Exceptional returns are limited to catalogue Products and are subject to the Supplier's prior written agreement.

Postage costs shall be borne by the Buyer, in the event of the Products being returned.

Any returns accepted by the Supplier shall be subject to a credit note drawn up in favour of the Buyer, once the quality and quantity of the Products returned have been verified.

Any Product returned without the Supplier's agreement shall be held at the Buyer's disposal and will not be subject to the issue of a credit note. 

If part of the order is disputed, notification of the dispute will not exempt the Buyer from paying the undisputed part of the invoice on the due date stipulated in the contract.

7- PRICES

The Products will be supplied at the Supplier's prices set on the day the order is placed and, where applicable, in the specific sales proposal sent to the Buyer. The prices of the Products and Services and the information given in the catalogues, prospectuses, price lists and on the Site are given for information only and may be modified by the Supplier at any time, particularly in the event of variations in the cost of raw materials, production factors and the parity of the currencies (outside the euro zone) of the Supplier and the Buyer. Should there be an obvious error in the transcription of prices on the Site, the Supplier reserves the right to cancel the order purely and simply within a period of 8 days without any compensation on either side. The Buyer will be reimbursed within 8 days.

Unless otherwise stipulated in the Supplier's order confirmation, prices will be net and excluding tax, excluding transport costs, ex works and including packaging, with the exception of special packaging which is taxed in addition in accordance with the Supplier's price list. They are denominated in euros. Special pricing conditions may be applied depending on the specific features requested by the Buyer, in particular with regard to delivery conditions and times, or payment terms and conditions. It is specified that transport costs for express transport Services and the cost of sending Products considered dangerous due to their quantity or quality will incur additional charges. A specific sales offer will then be sent to the Buyer by the Supplier.

Invoices will be drawn up in accordance with the price stated in the order confirmation issued by the Supplier. For Services, the price is as specified in the estimate..

The Buyer may benefit from discounts and rebates included in the Supplier's price lists, depending on the quantities purchased or delivered by the Supplier at one single place and time, or on the frequency of its orders.

8- PAYMENT - DEADLINE

For online orders, payment must be made in full when the order is placed on the Site, using the payment methods offered. These payments are not subject to any discount.

For the remainder of the orders and unless otherwise stipulated in the order confirmation, the Products or Services will be payable by bank transfer on receipt of the invoice. The Buyer shall only be released from its obligations upon receipt of the funds by the Supplier's bank.

Unless specifically stipulated otherwise, all new relationships will be subject to payment in advance.

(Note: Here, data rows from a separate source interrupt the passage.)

-- ===== src/Tests/Proxies.antt =====
-- The theorem on the two proxies of a transaction's way, at a concrete network: numbers stand for
-- themselves, a hash is the bytes themselves, and what has a signature is signed.
use neu_chain.Prelude.{
  ℕ, ◌≡◌, refl, ap, ◌≢◌, some, List, [], ◌∷◌, length, ◌==◌, not, true, false, if◌then◌else◌, arith,
}
use neu_chain.Transaction.Wire.{Bytes}
use neu_chain.Consensus.{ProofType, tx, con, heartbeat, malicious}
use neu_chain.ClientProxy.{Network, EpochResponse, TransactionSet}
use neu_chain.ClientProxy.Local.{LocalProxy, Emitted, run_local, transaction_set}
use neu_chain.ClientProxy.Remote.{RemoteProxy, run_remote, goes_on, verify_batch_hash}
use neu_chain.ClientProxy.Sends.{Signed}
use neu_chain.ClientProxy.Checks.{Trusted, calls_of, run_remote-Trusted}
use neu_chain.ClientProxy.Follows.{Batch}
use neu_chain.ClientProxy.Honest.{run_remote-run_local}
use neu_chain.Tests.Codes.{Codec, number, kept_as, pair, list, string, bytes}
use neu_chain.Tests.Wire.{plain, first_of, first_of-read, zeros, sent}

abbrev pub kind_number : ProofType → ℕ
kind_number tx = 0
kind_number con = 1
kind_number heartbeat = 2
kind_number malicious = 3

abbrev pub number_kind : ℕ → ProofType
number_kind n =
    if n == 0 then tx else if n == 1 then con else if n == 2 then heartbeat else malicious

pub number_kind_lem : (k : ProofType) → number_kind (kind_number k) ≡ k
number_kind_lem tx = refl
number_kind_lem con = refl
number_kind_lem heartbeat = refl
number_kind_lem malicious = refl

abbrev pub message : Codec TransactionSet
message =
    kept_as (λ m. ((m.epoch, kind_number m.type), (m.proof, (m.ip, m.data_list))))
      (λ q. record {
        epoch = q.0.0;
        type = number_kind q.0.1;
        proof = q.1.0;
        ip = q.1.1.0;
        data_list = q.1.1.1;
      })
      (λ m. ap (λ k. record m { type = k }) (number_kind_lem m.type))
      (pair (pair number number) (pair (list number) (pair string (list (list number)))))

abbrev pub network : Network
network = record {
  coding = plain;
  sha256 = λ b. b;
  user_signed = λ m s. not (length m == 0);
  epoch_signed = λ m s. not (length s == 0);
  parse_response = λ raw. record {
    epoch = sent.epoch;
    request_batch_size = 1;
    batch_hash = bytes sent.payload.digest;
    nonce = 5;
    signature = raw;
  };
  serialize_set = message.write;
  parse_set = λ b. first_of (message.read b);
  parse_set-serialize = first_of-read message;
}

-- Two batches of one epoch, with different signatures.
abbrev batches : List Batch
batches = (1 ∷ [], sent ∷ []) ∷ (2 ∷ [], sent ∷ []) ∷ []

signed : Signed network sent
signed = (omega arith, omega arith, omega arith, omega arith, refl)

verified :
    (raw : Bytes)
    → (length raw == 0) ≡ false
    → verify_batch_hash network (sent ∷ []) (network.parse_response raw) ≡ true
unfolding verify_batch_hash neu_chain.ClientProxy.same_bytes neu_chain.ClientProxy.digests
verified raw h = ap not h

abbrev first_byte : Bytes → ℕ
first_byte [] = 0
first_byte (x ∷ b) = x

other : ◌≢◌ {A = Bytes} (1 ∷ []) (2 ∷ [])
other p = ground (arith, ap first_byte p)

run_remote-run_local_example :
    (s : LocalProxy) × (out : Emitted) × (r : RemoteProxy) × (run_local network "here" batches
        (record { epoch = 0; proof_data = [] })
      ≡ some (s, out))
    × (run_remote network out.sent (record { epoch = 0; current_epoch_proof_set = [] })
        ≡ goes_on r out.calls)
    × (r.epoch ≡ s.epoch)
unfolding neu_chain.ClientProxy.Honest.Ready
run_remote-run_local_example =
    run_remote-run_local network "here" (λ b. (zeros 32, refl)) batches 0
      (
        omega arith,
        omega arith,
        (refl, tt),
        (signed, tt),
        verified (1 ∷ []) refl,
        (omega arith, omega arith, (refl, tt), (signed, tt), verified (2 ∷ []) refl, tt),
      )
      ((other, tt), (tt, tt))

-- A batch, the end of the epoch, and a batch of the epoch before.
abbrev received : List Bytes
received =
    network.serialize_set (transaction_set network 4 (1 ∷ []) [])
    ∷ network.serialize_set
        (record { epoch = 4; type = con; proof = []; ip = ""; data_list = (1 ∷ []) ∷ [] })
    ∷ network.serialize_set (transaction_set network 4 (2 ∷ []) [])
    ∷ []

run_remote-Trusted_example :
    Trusted network 4
      (calls_of (run_remote network received (record { epoch = 4; current_epoch_proof_set = [] })))
run_remote-Trusted_example =
    run_remote-Trusted network received (record { epoch = 4; current_epoch_proof_set = [] })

For transactions abroad, the payment terms remain the same as regards deadlines, but payments will be made either by SWIFT transfer to the designated bank account or by irrevocable documentary credit confirmed by a bank of the Supplier's choice.

Orders for which payment is to be made by documentary credit or guaranteed by a standby letter of credit or any other security, such as a bond or guarantee, will only be honoured on receipt of notification of the opening of an operational documentary credit without special conditions or the issue of the required standby letter of credit, bond or guarantee.

Unless specifically stipulated otherwise, no payment made before delivery, on receipt of the Products or before performance of the Services, will give rise to a discount.

Unless specifically agreed otherwise between the parties, any order below 150 euros will be subject to a fixed charge of 30 euros to cover administrative costs.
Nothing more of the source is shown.